Magnetfelder: GSM-, UMTS-, DECT- und VoIP-Telefone im Vergleich (Forschung)
Anlässlich des Mobi-Kids-Forschungsprojekts (Hirntumoren bei Kindern und Jugendlichen abhängig vom Mobiltelefongebrauch) wurde zwischen 2009 und 2016 erstmals auch die niederfrequente Magnetfeldimmission systematisch untersucht. Die 2017 publizierten Ergebnisse sind überraschend.
Magnetfeldemissionen entstehen bei Mobiltelefonen durch starke und niederfrequent schwankende Gleichstromflüsse innerhalb der Geräte. Von der Forschung wurde die daraus resultierende Einwirkung auf das Gehirn (induzieren von Strömen im Gehirngewebe) bislang wenig beachtet, das Hauptinteresse galt der hochfrequenten elektromagnetischen Exposition. Bekannt war bislang nur, Mobiltelefone erzeugen im GSM-Modus weitaus stärkere Magnetfelder als im UMTS-Modus. Neu hinzugekommen ist nunmehr die Einordnung von DECT- und W-Lan-Telefonen mit VoIP.

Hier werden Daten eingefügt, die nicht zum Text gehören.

-- ===== src/Tasks/AlarmsLimit.antt =====
-- What the limiter in the map lets bpf/softlockup.c and bpf/oom.c report.
use jidick.Base.{
  ℕ, ◌+◌, ◌*◌, ◌/◌, ◌≤◌, ◌<◌, ◌^◌, ◌≡◌, refl, arith, not, ◌==◌, ◌&&◌, if◌then◌else◌, Option, none,
  some, List, [], ◌∷◌, to_nat, is_some, All, nsec_per_sec, Bool-cases, inl, inr,
}
use mathlib.Core.Option
use jidick.Kernel.BpfMap.{BpfMap, nat_eq}
use jidick.Ratelimit.{BpfRatelimit, bpf_ratelimited, bpf_ratelimited_core_in_map, admitted_in_map}
use jidick.Ratelimit.Window.{Until, new-admitted-le}
use jidick.Ratelimit.Refine.{Models, core_in_map-refines, admitted_in_map-eq-admitted}
use jidick.Tasks.Alarms.{
  taint_softlockup, cfg, OomInfo, TaskStruct, kprobe_softlockup, kprobe_oom_kill_process,
}

module _ {S : Type 0} (map : BpfMap S ℕ BpfRatelimit nat_eq) where
  -- A taint is reported exactly when it is a soft lockup and the limiter that the cell stands for
  -- lets it pass, with the thread group, not the thread; and any other taint leaves the
  -- limiter as it is.
  pub softlockup_lem :
      (flag pid_tgid cpu ktime : ℕ) (task : TaskStruct) (s : S) (r : BpfRatelimit)
      → Models map cfg s r
      → let out = kprobe_softlockup map flag pid_tgid cpu task ktime s in
        (out.event ≡ (
          if flag == taint_softlockup && not (bpf_ratelimited ktime r).1
          then some (record { cpu = cpu; pid = pid_tgid / 2 ^ 32; comm = task.comm })
          else none))
        × Models map cfg out.cell
            (if flag == taint_softlockup then (bpf_ratelimited ktime r).0 else r)
  unfolding kprobe_softlockup
  softlockup_lem flag pid_tgid cpu ktime task s r m =
      let (limited, models, _) = core_in_map-refines map cfg s r ktime 0 (omega arith) m in
      elim (Bool-cases (flag == taint_softlockup)) [
        | inl e ↦ rw (e, limited) (ground arith, models)
        | inr e ↦ rw e (refl, m)
      ]

  -- An OOM kill is reported exactly when the limiter lets it pass and there is an `oom_control`,
  -- with the task that ran into it and the task that was chosen; it is charged in any case.
  oom_lem :
      (oc : Option TaskStruct) (trigger : TaskStruct) (ktime : ℕ) (s : S) (r : BpfRatelimit)
      → Models map cfg s r
      → let out = kprobe_oom_kill_process map oc trigger ktime s in
        let info : TaskStruct → OomInfo = λ victim. record {
          trigger_comm = trigger.comm;
          victim_comm = victim.comm;
          trigger_pid = trigger.pid;
          victim_pid = victim.pid;
          trigger_memcg_css = trigger.memory_css;
          victim_memcg_css = victim.memory_css;
        } in
        (out.event ≡ (if (bpf_ratelimited ktime r).1 then none else Option.map info oc))
        × Models map cfg out.cell (bpf_ratelimited ktime r).0
  unfolding kprobe_oom_kill_process
  oom_lem oc trigger ktime s r m =
      let (limited, models, _) = core_in_map-refines map cfg s r ktime 0 (omega arith) m in
      (ground (arith, limited), models)

  -- The events of a sequence of OOM kills, each with its chosen task, the current task and time.
  abbrev Kill : Type 0
  Kill = Option TaskStruct × TaskStruct × ℕ

  unfoldable pub oom_events : List Kill → S → ℕ
  oom_events [] s = 0
  oom_events ((oc, trigger, ktime) ∷ ks) s =
      let out = kprobe_oom_kill_process map oc trigger ktime s in
      to_nat (is_some out.event) + oom_events ks out.cell

  abbrev pub times : List Kill → List ℕ
  times [] = []
  times ((_, _, ktime) ∷ ks) = ktime ∷ times ks

  oom_events-le-admitted :
      (ks : List Kill) (s : S) → oom_events ks s ≤ admitted_in_map map cfg s (times ks)
  unfolding oom_events admitted_in_map kprobe_oom_kill_process
  oom_events-le-admitted [] s = omega arith
  oom_events-le-admitted ((oc, trigger, ktime) ∷ ks) s =
      ground (arith, oom_events-le-admitted ks (bpf_ratelimited_core_in_map map ktime cfg s).cell)

  -- From a fresh or a zeroed cell on, at most `n` times 1280000 OOM kills are reported in the
  -- `2 n` seconds from the second of the first on.
  pub oom_events-le :
      (oc : Option TaskStruct) (trigger : TaskStruct) (first last n : ℕ) (ks : List Kill) (s : S)
      → Models map cfg s cfg
      → All (Until last) (times ((oc, trigger, first) ∷ ks))
      → last < first / nsec_per_sec + n * 2
      → oom_events ((oc, trigger, first) ∷ ks) s ≤ n * 1280000
  oom_events-le oc trigger first last n ks s m h w =
      let bound = oom_events-le-admitted ((oc, trigger, first) ∷ ks) s in
      let same = admitted_in_map-eq-admitted map cfg s cfg (first ∷ times ks) (omega arith) m in
      let top =
        new-admitted-le 1 1280000 first last n (times ks) (omega arith) (omega arith) (omega arith)
          h.0.1 h (omega arith) in
      omega (arith, bound, same, top)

Die Studie "ELF exposure from mobile and cordless phones for the epidemiological Mobi-Kids study" beschreibt Messungen und Modellrechnungen, die anlässlich der MOBI-Kids-Fall-Kontroll-Studie durchgeführt wurden mit dem Ziel, die niederfrequente Magnetfeldexposition des Gehirns durch Mobiltelefone und Schnurlostelefone zu bewerten. Untersucht wurden vier verschiedene Kommunikationssysteme: GSM, UMTS, DECT und VoIP (W-Lan-Telefonie mit Voice-over-Internet-Protokoil).
Die von den Telefonen während eines Gesprächs erzeugten Magnetfelder wurden unter kontrollierten Laborbedingungen gemessen und anhand der Messwerte dreidimensionale Extrapolationen der Felder erzeugt. Mit Computersimulationen wurde anschließend die Dichte der induzierten Ströme (ein Basisgrenzwert) und die elektrische Feldstärke im Gehirn ermittelt. Für die Simulation wurden Voxelphantome von Menschen unterschiedlichen Alters verwendet: acht Jahre, elf Jahre, 14 Jahre und Erwachsener. Die Ergebnisse zeigen, dass bei DECT-Gesprächen die Stromdichten im Gehirn in der Größenordnung Faktor zehn niedriger sind als bei Telefonaten im GSM-900-Modus, jedoch sind sie mehr als doppelt so stark wie bei Telefonaten im UMTS-Modus (die unten verlinkte Studie zeigt dazu ein plakatives Schaubild). Die durchschnittliche Stromdichte bei W-Lan-VoIP-Telefonaten war ihrerseits um 30 Prozent niedriger als bei UMTS, doch die Schwankungsbreite von Gerät zu Gerät war hoch. Wichtig war besonders bei DECT das Miteinbeziehen der Spektralkomponenten in die Stromdichtesimulation.
Die Studie legt den Schluss nahe, die räumliche Verteilung induzierter Ströme in Hirngewebe wird durch die Bauart eines Telefons bestimmt (insbesondere durch die Anordnung der Batterie), wogegen die Amplitude der Ströme hauptsächlich vom Kommunikationssystem abhängt und damit eine gute Grundlage für die Beurteilung niederfrequenter Magnetfeldexposition bei epidemiologischen Studien ist. Die Anzahl der Phantome war allerdings nicht groß genug, um zweifelsfrei nachzuweisen, dass mit steigendem Alter auch die Stromdichte im Gehirn zunimmt. Sollte dieser Effekt tatsächlich zutreffen, spielt, abgeschätzt anhand der verfügbaren Daten, das Alter wahrscheinlich nur eine sehr geringe Rolle für die Stromdichte im Gehirn.
Quelle: ELF exposure from mobile and cordless phones for the epidemiological MOBI-Kids study
--
Jedes komplexe Problem hat eine Lösung, die einfach, naheliegend, plausibel – und falsch ist.